Площади анкоров были подобраны следующим образом: [16 х 16] до [256 x 256] для каждого уровня пирамиды от P3 до P7 соответственно, с шагом смещения (strides) [8 — 128] пикселей. Такой размер позволяет анализировать мелкие объекты и некоторую окрестность вокруг. В нашем случае – это опоры линий электропередач с прилегающей к ним тенью.
Training and Results
Machine learning results were evaluated in the following ways:
- Testing on a delayed sample of 20% of the original sample to match the predicted rectangular frames and the true manually marked ones by the expert. 70% of the rectangle areas were correctly identified, given that the amount of data is not numerous.

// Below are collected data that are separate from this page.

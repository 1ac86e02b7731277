-- ===== src/Task/Verify/Bounds.antt =====
-- The counters that bound the driver's turns in VERIFY.
use local_engineer.Prelude.{
  suc, ◌≤◌, ◌<◌, ◌≡◌, refl, ap, ◌∙◌, ◌⊎◌, inl, inr, not, ◌&&◌, List, [], ◌∷◌, ◌++◌, some, arith,
  leb, ltb, if◌then◌else◌, any, is_empty, List-cases, Option-cases, Bool-cases,
}
use local_engineer.GoStrings.{text_eq}
use local_engineer.Recipe.{RunResult}
use local_engineer.Recipe.Acceptance.{Reason, failed_only}
use local_engineer.Workflow.{Phase}
use local_engineer.Workflow.Failure.{environmental, regression, classify}
use local_engineer.Task.Verify.{
  no_transcript, Work, World, moved, move, bump, count_failures, localize_again, repair, accept,
  reasons_for, acceptable, decide, judge, run_again, verify, flaky_records,
}
use local_engineer.Task.Verify.Evidence.{move-moved}

-- The counters are those of `u`, or one replan within the bound has been spent.
abbrev pub Counted : Work → Work → Type 0
Counted u w =
    (w.verify_loops ≡ u.verify_loops)
    × (w.attempts ≡ u.attempts)
    × ((w.replans ≡ u.replans) ⊎ ((w.replans ≡ suc u.replans) × (u.replans < 2)))

count_failures-counters :
    (v : World) (rs : List RunResult) (w : Work)
    → ((count_failures v rs w).0.verify_loops ≡ w.verify_loops)
      × ((count_failures v rs w).0.attempts ≡ w.attempts)
      × ((count_failures v rs w).0.replans ≡ w.replans)
unfolding count_failures
count_failures-counters v [] w = (refl, refl, refl)
count_failures-counters v (r ∷ rs) w = count_failures-counters v rs (record w {
  failure_history = w.failure_history ++ classify v.fingerprint_of r w.baseline w.failures ∷ [];
  failures = bump (v.fingerprint_of r).0 w.failures;
  regressions = if regression r w.baseline then suc w.regressions else w.regressions;
})

localize_again-Counted : (v : World) (w w' : Work) → localize_again v w ≡ moved w' → Counted w w'
unfolding localize_again
localize_again-Counted v w w' h =
    let e = move-moved v Phase.localize (record w { replans = suc w.replans }) w' (ground arith) in
    ground (arith, ap (λ u. u.verify_loops) e, ap (λ u. u.attempts) e, ap (λ u. u.replans) e)

move-Counted : (v : World) (next : Phase) (w w' : Work) → move v next w ≡ moved w' → Counted w w'
move-Counted v next w w' h =
    let e = move-moved v next w w' h in
    (ap (λ u. u.verify_loops) e, ap (λ u. u.attempts) e, inl (ap (λ u. u.replans) e))

repair-Counted :
    (v : World) (reasons : List Reason) (w w' : Work) → repair v reasons w ≡ moved w' → Counted w w'
unfolding repair
repair-Counted v reasons w w' h =
    let feedback = if is_empty w.feedback then v.finding reasons ∷ [] else w.feedback in
    let counters = count_failures-counters v feedback (record w { feedback = feedback }) in
    let (u, again) = count_failures v feedback (record w { feedback = feedback }) in
    ground (
      arith,
      localize_again-Counted v (record u { edit = no_transcript }) w',
      move-Counted v Phase.edit (record u { edit = no_transcript }) w',
    )

accept-Counted : (v : World) (w w' : Work) → accept v w ≡ moved w' → Counted w w'
unfolding accept
accept-Counted v w w' h = elim (Option-cases v.obligations) [
  | inl e ↦ absurd (ground arith)
  | inr (fs, e) ↦ elim (List-cases fs) [
    | inl none_left ↦ move-Counted v Phase.review w w' (ground (arith, e ∙ ap some none_left))
    | inr (f, rest, some_left) ↦
        let u = record w { feedback = w.feedback ++ f ∷ rest; impact = v.impact_of_change } in
        let e' = e ∙ ap some some_left in
        let m =
          move-moved v Phase.planning (record u { replans = suc u.replans }) w'
            (ground (arith, e')) in
        ground
          (arith, e', ap (λ u. u.verify_loops) m, ap (λ u. u.attempts) m, ap (λ u. u.replans) m)
  ]
]

judge-Counted : (v : World) (w w' : Work) → judge v w ≡ moved w' → Counted w w'
unfolding judge decide
judge-Counted v w w' h = elim (Option-cases v.out_of_scope) [
  | inl e ↦ absurd (ground arith)
  | inr (outside, o) ↦ elim (Option-cases v.changed) [
    | inl e ↦ absurd (ground arith)
    | inr (changed, c) ↦ elim (Bool-cases (acceptable v w outside changed)) [
      | inl good ↦ accept-Counted v w w' (ground arith)
      | inr bad ↦ repair-Counted v (reasons_for v w outside changed) w w' (ground arith)
    ]
  ]
]

run_again-Counted : (v : World) (w w' : Work) → run_again v w ≡ moved w' → Counted w w'
unfolding run_again
run_again-Counted v w w' h = elim (Option-cases v.rerun) [
  | inl e ↦ absurd (ground arith)
  | inr (rerun, again) ↦ elim (Bool-cases (any environmental rerun)) [
    | inl broken ↦ absurd (ground arith)
    | inr sound ↦ elim (Option-cases v.candidate_after) [
      | inl e ↦ absurd (ground arith)
      | inr (after, a) ↦
          elim (Bool-cases (text_eq after w.candidate && is_empty (failed_only rerun))) [
            | inr real ↦ judge-Counted v w w' (ground arith)
            | inl flaky ↦
                judge-Counted v
                  (record w {
                    failure_history = w.failure_history ++ flaky_records v w w.feedback;
                    results = rerun;
                    feedback = [];
                  })
                  w' (ground arith)
          ]
    ]
  ]
]

-- A turn in VERIFY goes on only below the bound of four loops, and spends at least one of them and at
-- most what is left; it spends no attempt, and at most one replan, within the bound of two.
pub verify_spends :
    (v : World) (w w' : Work)
    → verify v w ≡ moved w'
    → (w.verify_loops < w'.verify_loops)
      × (w'.verify_loops ≤ 4)
      × (w'.attempts ≡ w.attempts)
      × ((w'.replans ≡ w.replans) ⊎ ((w'.replans ≡ suc w.replans) × (w.replans < 2)))
unfolding verify
verify_spends v w w' h = elim (Bool-cases (leb 4 w.verify_loops)) [
  | inl done ↦ absurd (ground arith)
  | inr more ↦ elim (Option-cases v.run) [
    | inl e ↦ absurd (ground arith)
    | inr (results, first) ↦ elim (Bool-cases (any environmental results)) [
      | inl broken ↦ absurd (ground arith)
      | inr sound ↦
          let u = record w {
            verify_loops = suc w.verify_loops;
            results = results;
            feedback = failed_only results;
          } in
          elim (Bool-cases (not (is_empty u.feedback) && ltb u.verify_loops 4)) [
            | inl again ↦
                let c =
                  run_again-Counted v (record u { verify_loops = suc u.verify_loops }) w'
                    (ground arith) in
                ground arith
            | inr once ↦ let c = judge-Counted v u w' (ground arith) in ground arith
          ]
    ]
  ]
]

- Calculating the deviation distance of the actual coordinates from the predicted coordinates in the entire dataset. During the automatic location of the supports by the machine-learning algorithm, up to 60% of the locations were found to correspond to the actual objects of the electrical networks (supports) and are, on average, at a distance of no more than 70 meters from the predicted ones. Also, there were found cases when there were no poles in the data, but the algorithm found them in the image, which eventually led to a distortion of the quality metric, because there is an object in the image, but it is not in the reference database, which suggests that the algorithm can be successfully used to update the databases with information about power lines.